March 26, 2009
UI Graduate College awards dissertation prizes
The University of Iowa Graduate College has awarded its most prestigious dissertation prizes: the D.C. Spriestersbach Dissertation Prize, the Graduate Dean's Distinguished Dissertation Award and the L.B. Sims Outstanding Masters Thesis Award.
Four scholars will be formally recognized for their exemplary research as graduate students on Friday, March 27, at a ceremony on the UI campus. The event will be held in conjunction with the James F. Jakobsen Graduate Research Forum, organized by the Graduate Student Senate.
Jessica S. Horst (psychology) and Veronique Ziegler (physics and astronomy) will receive top doctoral honors with the D.C. Spriestersbach Dissertation Prize. Each will receive $2,500 along with a Graduate College award certificate. The dissertations of Jonas Baltrusaitis (chemistry) and Andriy Norets (economics) will be honored with the Graduate College Dean's Distinguished Dissertation Award. Katherine Furgol (statistics) won the L.B. Sims Outstanding Master's Thesis Award.
Horst, who earned her doctorate in psychology and developmental science in 2007, won the Spriestersbach Prize in the Social Sciences for her dissertation, "Turning Novel Names into Known Names: Understanding Referent Selection and Retention in 24-Month-Old Children and Neural Networks," supervised by Larissa K. Samuelson, assistant professor of psychology. Horst won the nation's most prestigious honor for doctoral dissertations in 2008, the Council of Graduate Schools (CGS)/UMI Distinguished Dissertation Award. She also won the 2008 American Psychological Association Dissertation Award in Developmental Psychology. She is currently an assistant professor of psychology at the University of Sussex, U.K.
Ziegler earned her doctorate in physics and astronomy in 2007. She won the Spriestersbach Prize in Mathematics, Physical Sciences and Engineering for her dissertation, "Hyperon and Hyperon Resonance Properties from Charm Baryon Decay at BaBar," supervised by Usha Mallik, professor of physics. Ziegler is currently a postdoctoral research associate at the SLAC National Accelerator Laboratory in Menlo Park, Calif.

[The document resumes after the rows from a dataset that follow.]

-- ===== src/Hierarchy/Chain.antt =====
-- app/repositories/user_repo.py, `manager_chain`: what the bounded walk collects.
use inventory_logix_dashboar.Base.{
  ℕ, zero, suc, ◌≤◌, ◌≡◌, ◌⊎◌, inl, inr, true, Option, none, some, List, [], ◌∷◌, ◌++◌, arith,
  ==_iff, Bool-cases, Option-cases, any_of,
}
use inventory_logix_dashboar.Hierarchy.{Account, manager_of, in_chain, walk}

-- The manager so many steps up, if the chain is that long.
unfoldable pub climb : ℕ → ℕ → List Account → Option ℕ
climb zero user users = some user
climb (suc n) user users = elim (manager_of user users) [
  | none ↦ none
  | some above ↦ climb n above users
]

in_chain-append :
    (x y : ℕ) (chain : List ℕ) → in_chain x chain ≡ true → in_chain x (chain ++ y ∷ []) ≡ true
unfolding in_chain any_of
in_chain-append x y [] h = cc
in_chain-append x y (c ∷ chain) h = ground (arith, in_chain-append x y chain)

in_chain-append_last : (x : ℕ) (chain : List ℕ) → in_chain x (chain ++ x ∷ []) ≡ true
unfolding in_chain any_of
in_chain-append_last x [] = ground arith
in_chain-append_last x (c ∷ chain) = ground (arith, in_chain-append_last x chain)

in_chain-append_cases :
    (x y : ℕ) (chain : List ℕ)
    → in_chain x (chain ++ y ∷ []) ≡ true
    → (x ≡ y) ⊎ (in_chain x chain ≡ true)
unfolding in_chain any_of
in_chain-append_cases x y [] h = ground (arith, ==_iff y x)
in_chain-append_cases x y (c ∷ chain) h = ground (arith, in_chain-append_cases x y chain)

module _ (users : List Account) where
  -- The next manager is in the chain.
  abbrev pub Leads : ℕ → List ℕ → Type 0
  Leads x chain = (above : ℕ) × (manager_of x users ≡ some above) × (in_chain above chain ≡ true)

  -- What the chain holds is led on inside it, except where the walk stands.
  abbrev pub IsTrail : ℕ → List ℕ → Type 0
  IsTrail current chain = (x : ℕ) → in_chain x chain ≡ true → (x ≡ current) ⊎ Leads x chain

  walk_keeps :
      (rounds x current : ℕ) (chain : List ℕ)
      → in_chain x chain ≡ true
      → in_chain x (walk rounds current chain users) ≡ true
  unfolding walk
  walk_keeps zero x current chain h = h
  walk_keeps (suc rounds) x current chain h = elim (Option-cases (manager_of current users)) [
    | inl top ↦ rw (top, walk) h
    | inr (above, up) ↦ elim (Bool-cases (in_chain above chain)) [
      | inl met ↦ rw (up, walk, met, walk) h
      | inr fresh ↦
          rw (up, walk, fresh, walk)
            (walk_keeps rounds x above (chain ++ above ∷ []) (in_chain-append x above chain h))
    ]
  ]

  -- A chain that is led on everywhere holds all that a climb from it meets.
  climb_inside :
      (n x y : ℕ) (chain : List ℕ)
      → ((z : ℕ) → in_chain z chain ≡ true → Leads z chain)
      → in_chain x chain ≡ true
      → climb n x users ≡ some y
      → in_chain y chain ≡ true
  unfolding climb
  climb_inside zero x y chain closed h e = let same : x ≡ y = cc in rw (← same) h
  climb_inside (suc n) x y chain closed h e =
      let (above, up, met) = closed x h in
      climb_inside n above y chain closed met (rw (up, climb) at e)

  IsTrail-closed :
      (current above : ℕ) (chain : List ℕ)
      → IsTrail current chain
      → manager_of current users ≡ some above
      → in_chain above chain ≡ true
      → (z : ℕ) → in_chain z chain ≡ true
      → Leads z chain
  IsTrail-closed current above chain trail up met z h = elim (trail z h) [
    | inl here ↦ (above, rw here up, met)
    | inr on ↦ on
  ]

  IsTrail-append :
      (current above : ℕ) (chain : List ℕ)
      → IsTrail current chain
      → manager_of current users ≡ some above
      → IsTrail above (chain ++ above ∷ [])
  IsTrail-append current above chain trail up x h = elim (in_chain-append_cases x above chain h) [
    | inl last ↦ inl last
    | inr old ↦ elim (trail x old) [
      | inl here ↦ inr (above, rw here up, in_chain-append_last above chain)
      | inr (y, next, met) ↦ inr (y, next, in_chain-append y above chain met)
    ]
  ]

  one_up : (current y : ℕ) → climb 1 current users ≡ some y → manager_of current users ≡ some y
  unfolding climb
  one_up current y e = ground arith

  -- The walk meets every manager that so many rounds can reach, also where it stops early.
  pub walk_covers :
      (rounds n current y : ℕ) (chain : List ℕ)
      → IsTrail current chain
      → suc n ≤ rounds
      → climb (suc n) current users ≡ some y
      → in_chain y (walk rounds current chain users) ≡ true
  unfolding walk in_chain climb
  walk_covers zero n current y chain trail le e = absurd (omega arith)
  walk_covers (suc rounds) zero current y chain trail le e =
      let up : manager_of current users ≡ some y = one_up current y e in
      elim (Bool-cases (in_chain y chain)) [
        | inl met ↦ rw (up, walk, met, walk) met
        | inr fresh ↦
            rw (up, walk, fresh, walk)
              (walk_keeps rounds y y (chain ++ y ∷ []) (in_chain-append_last y chain))
      ]
  walk_covers (suc rounds) (suc n) current y chain trail le e =
      elim (Option-cases (manager_of current users)) [
        | inl top ↦ cc (rw (top, climb) at e)
        | inr (above, up) ↦ elim (Bool-cases (in_chain above chain)) [
          | inl met ↦
              rw (up, walk, met, walk)
                (climb_inside (suc n) above y chain
                  (IsTrail-closed current above chain trail up met) met (rw (up, climb) at e))
          | inr fresh ↦
              rw (up, walk, fresh, walk)
                (walk_covers rounds n above y (chain ++ above ∷ [])
                  (IsTrail-append current above chain trail up) (omega arith) (rw (up, climb) at e))
        ]
      ]
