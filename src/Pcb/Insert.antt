-- ===== src/Pcb/Insert.antt =====
-- `insertProcQ` puts a pcb at the tail.
use os_fall_2021_project.Prelude.{
  ℕ, ◌≡◌, refl, true, false, List, [], ◌∷◌, arith, has, update, ◌==◌, ne_of_has, Distinct,
  AllTrue-has,
}
use os_fall_2021_project.Machine.Word.{null}
use os_fall_2021_project.Machine.Outcome.{ok, Returns, returns}
use os_fall_2021_project.Pcb.{Procs, is_pcb, insert_proc_q}
use os_fall_2021_project.Pcb.Seg.{Seg, Seg-relink, Seg-last, last, has-last}
use os_fall_2021_project.Pcb.Ring.{IsRing, OnlyLinks}

-- The links after the insertion of `p` into the ring with tail `x`.
abbrev linked : Procs → (p x : ℕ) → Procs
linked s p x = record s {
  p_next = update (update s.p_next p x) (s.p_prev x) p;
  p_prev = update (update s.p_prev p (s.p_prev x)) x p;
}

insert_proc_q-cons :
    (s : Procs) (p x : ℕ)
    → is_pcb p ≡ true
    → is_pcb x ≡ true
    → is_pcb (s.p_prev x) ≡ true
    → (x == null) ≡ false
    → (p == x) ≡ false
    → insert_proc_q x p s ≡ ok p (linked s p x)
unfolding insert_proc_q
insert_proc_q-cons s p x hp hx hl nn ne = ground arith

insert_proc_q-nil :
    (s : Procs) (p : ℕ)
    → is_pcb p ≡ true
    → insert_proc_q null p s
      ≡ ok p (record s { p_next = update s.p_next p p; p_prev = update s.p_prev p p })
unfolding insert_proc_q
insert_proc_q-nil s p hp = ground arith

-- The pcb is the new tail, in front of the others, and nothing else changes.
abbrev pub Inserted : Procs → ℕ → List ℕ → ℕ → Procs → Type 0
Inserted s p xs tp' s' = (tp' ≡ p) × IsRing s' tp' (p ∷ xs) × OnlyLinks (p ∷ xs) s s'

Seg-linked :
    (s : Procs) (p x : ℕ) (xs : List ℕ)
    → Seg s.p_next s.p_prev x xs x
    → Distinct (x ∷ xs)
    → has p (x ∷ xs) ≡ false
    → Seg (linked s p x).p_next (linked s p x).p_prev x xs p
Seg-linked s p x xs links d out =
    let e = (Seg-last s.p_next s.p_prev x xs x links).1 in
    Seg-relink s.p_next s.p_prev (linked s p x).p_next (linked s p x).p_prev x xs x p links d
      (λ b m ne. ground arith) (λ b m. ground arith) (ground arith) (ground arith)

pub insert_proc_q-ring :
    {s : Procs} {tp : ℕ} (xs : List ℕ) (p : ℕ)
    → IsRing s tp xs
    → is_pcb p ≡ true
    → has p xs ≡ false
    → Returns (Inserted s p xs) (insert_proc_q tp p s)
insert_proc_q-ring {s} [] p r hp out =
    rw (r.tail, insert_proc_q-nil s p hp)
      (returns (
        refl,
        record {
          tail = refl;
          links = (ground arith, ground arith);
          distinct = (refl, tt);
          valid = (hp, tt);
        },
        record { next_out = λ b m. ground arith; prev_out = λ b m. ground arith; rest = refl },
      ))
insert_proc_q-ring {s} (x ∷ xs) p r hp out =
    let links = r.links in
    let last_pcb = AllTrue-has is_pcb (last x xs) (x ∷ xs) r.valid (has-last x xs) in
    let e = (Seg-last s.p_next s.p_prev x xs x r.links).1 in
    let apart = ne_of_has p (last x xs) (x ∷ xs) out (has-last x xs) in
    rw (r.tail, insert_proc_q-cons s p x hp r.valid.0 (rw e last_pcb) (ground arith) (ground arith))
      (returns (
        refl,
        record {
          tail = refl;
          links = (ground arith, ground arith, Seg-linked s p x xs r.links r.distinct out);
          distinct = (out, r.distinct);
          valid = (hp, r.valid);
        },
        record {
          next_out = λ b m. ground (arith, ne_of_has b (last x xs) (x ∷ xs), has-last x xs);
          prev_out = λ b m. ground arith;
          rest = refl;
        },
      ))
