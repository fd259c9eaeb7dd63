-- ===== src/Pcb/Cut.antt =====
-- A pcb unlinked from a ring, as `removeProcQ` and `outProcQ` do it.
use mathlib.Core.Path.{subst}
use os_fall_2021_project.Prelude.{
  ℕ, ◌≡◌, refl, true, List, [], ◌∷◌, ◌++◌, arith, has, AllTrue-self, ne_of_has, Distinct-middle,
  AllTrue-left, AllTrue-right, AllTrue-append,
}
use os_fall_2021_project.Pcb.{Procs, is_pcb}
use os_fall_2021_project.Pcb.Seg.{
  Seg, Seg-unlink, cut_next, cut_prev, next-AllTrue, prev-AllTrue, Seg-past,
}
use os_fall_2021_project.Pcb.Ring.{IsRing, OnlyLinks}

-- The links after the pcb `p` is unlinked.
abbrev pub cut : Procs → ℕ → Procs
cut s p = record s { p_next = cut_next s.p_next s.p_prev p; p_prev = cut_prev s.p_next s.p_prev p }

module _ {s : Procs} {tp : ℕ} where
  -- The neighbours of a member are members.
  pub next-member :
      (xs : List ℕ) (b : ℕ) → IsRing s tp xs → has b xs ≡ true → has (s.p_next b) xs ≡ true
  next-member (x ∷ xs) b r m =
      next-AllTrue s.p_next s.p_prev (λ q. has q (x ∷ xs)) x xs x b r.links (AllTrue-self (x ∷ xs))
        (ground arith) m
  next-member [] b r m = ground arith

  pub prev-member :
      (xs : List ℕ) (b : ℕ) → IsRing s tp xs → has b xs ≡ true → has (s.p_prev b) xs ≡ true
  prev-member (x ∷ xs) b r m =
      prev-AllTrue s.p_next s.p_prev (λ q. has q (x ∷ xs)) x xs x b r.links (AllTrue-self (x ∷ xs))
        m
  prev-member [] b r m = ground arith

  pub cut-OnlyLinks :
      (xs : List ℕ) (p : ℕ) → IsRing s tp xs → has p xs ≡ true → OnlyLinks xs s (cut s p)
  cut-OnlyLinks xs p r m =
      let n = next-member xs p r m in
      let v = prev-member xs p r m in
      record {
        next_out = λ b o. ground (arith, ne_of_has b (s.p_prev p) xs);
        prev_out = λ b o. ground (arith, ne_of_has b (s.p_next p) xs);
        rest = refl;
      }

  -- Behind the tail.
  pub cut-middle :
      (x : ℕ) (xs : List ℕ) (p : ℕ) (ys : List ℕ)
      → IsRing s tp (x ∷ xs ++ p ∷ ys)
      → IsRing (cut s p) tp (x ∷ xs ++ ys)
  cut-middle x xs p ys r = record {
    tail = r.tail;
    links = Seg-unlink s.p_next s.p_prev p x xs ys x r.links r.distinct r.distinct.0;
    distinct = (Distinct-middle (x ∷ xs) p ys r.distinct).0;
    valid =
        AllTrue-append is_pcb (x ∷ xs) ys (AllTrue-left is_pcb (x ∷ xs) (p ∷ ys) r.valid)
          (AllTrue-right is_pcb (x ∷ xs) (p ∷ ys) r.valid).1;
  }

  -- The tail, where it is not alone: the pcb behind it becomes the tail.
  pub cut-tail : (p y : ℕ) (ys : List ℕ) → IsRing s tp (p ∷ y ∷ ys) → IsRing (cut s p) y (y ∷ ys)
  cut-tail p y ys r = record {
    tail = refl;
    links =
        subst (λ w. Seg (cut s p).p_next (cut s p).p_prev y ys w) r.links.0
          (Seg-past s.p_next s.p_prev p y ys r.links.2 r.distinct.1 (ground arith));
    distinct = r.distinct.1;
    valid = r.valid.1;
  }
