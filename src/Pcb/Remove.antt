-- ===== src/Pcb/Remove.antt =====
-- `removeProcQ` takes the pcb at the head, and `headProcQ` shows it.
use mathlib.Core.List.{append-nil}
use mathlib.Core.Path.{subst₂}
use os_fall_2021_project.Prelude.{
  ℕ, ◌≡◌, refl, true, false, List, [], ◌∷◌, ◌++◌, arith, has, ◌==◌, AllTrue-has, ne_of_has,
  has-append,
}
use os_fall_2021_project.Machine.Word.{null}
use os_fall_2021_project.Machine.Outcome.{ok, Returns, returns}
use os_fall_2021_project.Pcb.{Procs, is_pcb, remove_proc_q, head_proc_q}
use os_fall_2021_project.Pcb.Seg.{Seg-split}
use os_fall_2021_project.Pcb.Ring.{IsRing, OnlyLinks}
use os_fall_2021_project.Pcb.Cut.{cut, cut-middle, cut-OnlyLinks, next-member, prev-member}

-- The pcb that is returned, the ring that is left, and what has changed.
abbrev pub Removed : Procs → ℕ → (left all : List ℕ) → ℕ × ℕ → Procs → Type 0
Removed s p left all (q, tp') s' = (q ≡ p) × IsRing s' tp' left × OnlyLinks all s s'

remove_proc_q-one :
    (s : Procs) (x : ℕ) → is_pcb x ≡ true → s.p_prev x ≡ x → remove_proc_q x s ≡ ok (x, null) s
unfolding remove_proc_q
remove_proc_q-one s x hx e = ground arith

remove_proc_q-more :
    (s : Procs) (x p : ℕ)
    → is_pcb x ≡ true
    → s.p_prev x ≡ p
    → (p == x) ≡ false
    → is_pcb p ≡ true
    → is_pcb (s.p_prev p) ≡ true
    → is_pcb (s.p_next p) ≡ true
    → remove_proc_q x s ≡ ok (p, x) (cut s p)
unfolding remove_proc_q
remove_proc_q-more s x p hx e ne hp hv hn = ground arith

-- `removeProcQ` on a ring whose last pcb is `p`.
pub remove_proc_q-ring :
    {s : Procs} {tp : ℕ} (xs : List ℕ) (p : ℕ)
    → IsRing s tp (xs ++ p ∷ [])
    → Returns (Removed s p xs (xs ++ p ∷ [])) (remove_proc_q tp s)
remove_proc_q-ring {s} [] p r =
    rw (r.tail, remove_proc_q-one s p r.valid.0 r.links.1)
      (returns (
        refl,
        record { tail = refl; links = tt; distinct = tt; valid = tt },
        record { next_out = λ b m. refl; prev_out = λ b m. refl; rest = refl },
      ))
remove_proc_q-ring {s} {tp} (x ∷ xs) p r =
    let ring = x ∷ xs ++ p ∷ [] in
    let (front, back) = Seg-split s.p_next s.p_prev x xs p [] x r.links in
    let here : has p ring ≡ true = ground (arith, has-append p (x ∷ xs) (p ∷ [])) in
    let pcb : (b : ℕ) → has b ring ≡ true → is_pcb b ≡ true =
      λ b. AllTrue-has is_pcb b ring r.valid in
    let ne = ne_of_has x p (xs ++ p ∷ []) r.distinct.0 (ground (arith, has-append p xs (p ∷ []))) in
    rw
      (
        r.tail,
        remove_proc_q-more s x p r.valid.0 back.1 (ground arith) (pcb p here)
            (pcb (s.p_prev p) (prev-member ring p r here))
            (pcb (s.p_next p) (next-member ring p r here)),
      )
      (returns (
        refl,
        subst₂ (λ t l. IsRing (cut s p) t l) r.tail (append-nil (x ∷ xs)) (cut-middle x xs p [] r),
        cut-OnlyLinks ring p r here,
      ))

-- `headProcQ` shows the last pcb of the ring.
pub head_proc_q-ring :
    {s : Procs} {tp : ℕ} (xs : List ℕ) (p : ℕ)
    → IsRing s tp (xs ++ p ∷ [])
    → head_proc_q tp s ≡ ok p s
unfolding head_proc_q
head_proc_q-ring [] p r = ground arith
head_proc_q-ring {s} (x ∷ xs) p r =
    let (front, back) = Seg-split s.p_next s.p_prev x xs p [] x r.links in ground arith
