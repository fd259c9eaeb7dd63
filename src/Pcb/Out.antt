-- ===== src/Pcb/Out.antt =====
-- `outProcQ` takes a given pcb out of a queue, wherever it stands.
use mathlib.Core.Path.{subst, sym}
use os_fall_2021_project.Prelude.{
  ℕ, zero, suc, ◌+◌, ◌<◌, ◌≡◌, refl, inl, inr, true, false, List, [], ◌∷◌, ◌++◌, arith, has, ◌==◌,
  if◌then◌else◌, AllTrue, length, AllTrue-has, drop_all, drop_all-middle, place, Bool-cases,
  ==_refl,
}
use os_fall_2021_project.Machine.Word.{null, max_proc}
use os_fall_2021_project.Machine.Outcome.{ok, Returns, returns}
use os_fall_2021_project.Pcb.{Procs, is_pcb, out_loop, out_found, out_proc_q}
use os_fall_2021_project.Pcb.Seg.{Seg}
use os_fall_2021_project.Pcb.Ring.{IsRing, IsRing-length}
use os_fall_2021_project.Pcb.Cut.{
  cut, cut-middle, cut-tail, cut-OnlyLinks, next-member, prev-member,
}
use os_fall_2021_project.Pcb.Remove.{Removed}

module _ (s : Procs) (p t : ℕ) where
  -- With a round for each pcb and one more the loop stops, at `p` if it is met before the tail.
  out_loop-Seg :
      (fuel a : ℕ) (xs : List ℕ)
      → Seg s.p_next s.p_prev a xs t
      → AllTrue is_pcb xs
      → has t xs ≡ false
      → length xs < fuel
      → out_loop fuel (s.p_next a) p t s ≡ ok (if has p xs then p else t) s
  unfolding out_loop
  out_loop-Seg zero a xs links all out h = absurd (omega arith)
  out_loop-Seg (suc fuel) a [] links all out h = ground arith
  out_loop-Seg (suc fuel) a (x ∷ xs) links all out h =
      ground (arith, out_loop-Seg fuel x xs links.2 all.1, ==_refl t)

out_found-cut :
    (s : Procs) (tp t p : ℕ)
    → is_pcb p ≡ true
    → is_pcb t ≡ true
    → is_pcb (s.p_prev p) ≡ true
    → is_pcb (s.p_next p) ≡ true
    → out_found tp p t p s
      ≡ ok (p, if p == t then (if s.p_next p == t then null else s.p_next p) else tp) (cut s p)
unfolding out_found
out_found-cut s tp t p hp ht hv hn = ground arith

module _ {s : Procs} {tp : ℕ} where
  loop_from_tail :
      (t : ℕ) (xs : List ℕ) (p : ℕ)
      → IsRing s tp (t ∷ xs)
      → out_loop (max_proc + 1) (s.p_next t) p t s ≡ ok (if has p xs then p else t) s
  loop_from_tail t xs p r =
      out_loop-Seg s p t (max_proc + 1) t xs r.links r.valid.1 r.distinct.0
        (omega (arith, IsRing-length (t ∷ xs) r))

  -- A pcb that is not in the queue: `null`, and nothing changes.
  pub out_proc_q-absent :
      (xs : List ℕ) (p : ℕ)
      → IsRing s tp xs
      → has p xs ≡ false
      → out_proc_q tp p s ≡ ok (null, tp) s
  unfolding out_proc_q
  out_proc_q-absent [] p r out = ground arith
  out_proc_q-absent (t ∷ xs) p r out = let loop = loop_from_tail t xs p r in ground arith

  -- The part of `outProcQ` behind the loop.
  out_proc_q-found :
      (t : ℕ) (xs : List ℕ) (p : ℕ)
      → IsRing s tp (t ∷ xs)
      → has p (t ∷ xs) ≡ true
      → out_proc_q tp p s
        ≡ ok (p, if p == t then (if s.p_next p == t then null else s.p_next p) else tp) (cut s p)
  unfolding out_proc_q
  out_proc_q-found t xs p r m =
      let ring = t ∷ xs in
      let pcb : (b : ℕ) → has b ring ≡ true → is_pcb b ≡ true =
        λ b. AllTrue-has is_pcb b ring r.valid in
      let own = pcb p m in
      let found =
        out_found-cut s tp t p own r.valid.0 (pcb (s.p_prev p) (prev-member ring p r m))
          (pcb (s.p_next p) (next-member ring p r m)) in
      let loop = loop_from_tail t xs p r in ground (arith, found, loop)

  -- The ring that is left, by where the pcb stood: alone, at the tail, behind it.
  left_alone : (p : ℕ) → IsRing s tp (p ∷ []) → IsRing (cut s p) null (drop_all p (p ∷ []))
  left_alone p r =
      rw (drop_all-middle [] p [] r.distinct)
        (record { tail = refl; links = tt; distinct = tt; valid = tt })

  pub left_tail :
      (p y : ℕ) (ys : List ℕ)
      → IsRing s tp (p ∷ y ∷ ys)
      → IsRing (cut s p) (s.p_next p) (drop_all p (p ∷ y ∷ ys))
  left_tail p y ys r =
      rw (drop_all-middle [] p (y ∷ ys) r.distinct)
        (subst (λ t. IsRing (cut s p) t (y ∷ ys)) (sym r.links.0) (cut-tail p y ys r))

  pub left_behind :
      (t : ℕ) (xs : List ℕ) (p : ℕ)
      → IsRing s tp (t ∷ xs)
      → has p xs ≡ true
      → IsRing (cut s p) tp (drop_all p (t ∷ xs))
  left_behind t xs p r m =
      let open_at = place p xs m in
      let b = open_at.before in
      let a = open_at.after in
      let r' : IsRing s tp (t ∷ b ++ p ∷ a) = subst (λ l. IsRing s tp (t ∷ l)) open_at.split r in
      subst (λ l. IsRing (cut s p) tp (drop_all p (t ∷ l))) (sym open_at.split)
        (rw (drop_all-middle (t ∷ b) p a r'.distinct) (cut-middle t b p a r'))

  left_at_tail :
      (p : ℕ) (xs : List ℕ)
      → IsRing s tp (p ∷ xs)
      → IsRing (cut s p) (if s.p_next p == p then null else s.p_next p) (drop_all p (p ∷ xs))
  left_at_tail p [] r =
      let alone : (s.p_next p == p) ≡ true = ground arith in rw alone (left_alone p r)
  left_at_tail p (y ∷ ys) r =
      let ne : (s.p_next p == p) ≡ false = ground arith in rw ne (left_tail p y ys r)

  left-IsRing :
      (t : ℕ) (xs : List ℕ) (p : ℕ)
      → IsRing s tp (t ∷ xs)
      → has p (t ∷ xs) ≡ true
      → IsRing
          (cut s p)
          (if p == t then (if s.p_next p == t then null else s.p_next p) else tp)
          (drop_all p (t ∷ xs))
  left-IsRing t xs p r m = elim (Bool-cases (p == t)) [
    | inl e ↦
        let same : p ≡ t = ground arith in rw (e, ← same) (left_at_tail p xs (rw (← same) at r))
    | inr ne ↦ rw ne (left_behind t xs p r (ground arith))
  ]

  -- A pcb of the queue: that pcb, and the ring without it.
  pub out_proc_q-ring :
      (xs : List ℕ) (p : ℕ)
      → IsRing s tp xs
      → has p xs ≡ true
      → Returns (Removed s p (drop_all p xs) xs) (out_proc_q tp p s)
  out_proc_q-ring [] p r m = ground arith
  out_proc_q-ring (t ∷ xs) p r m =
      rw (out_proc_q-found t xs p r m)
        (returns (refl, left-IsRing t xs p r m, cut-OnlyLinks (t ∷ xs) p r m))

Baltrusaitis, having earned his doctorate in chemistry in 2007, won the Graduate Dean's Distinguished Dissertation Award in Mathematics, Physical Sciences and Engineering for his dissertation, "Experimental and Theoretical Studies of the Adsorption of Atmospherically Relevant Gases on Metal Oxide and Carbonate Surfaces," supervised by Vicki H. Grassian, professor of chemistry. Baltrusaitis is currently a postdoctoral research fellow at the UI's Department of Chemistry and Central Microscopy Research Facility.
Norets earned his doctorate in economics in 2007. He won the Dean's Distinguished Dissertation Award in the Social Sciences for his dissertation, "Bayesian Inference in Dynamic Discrete Choice Models" supervised by John Geweke, Harlan E. McGregor Chair in Economic Theory in the departments of Statistics and Actuarial Science and Economics. Norets is currently an assistant professor in economics at Princeton University, N.J.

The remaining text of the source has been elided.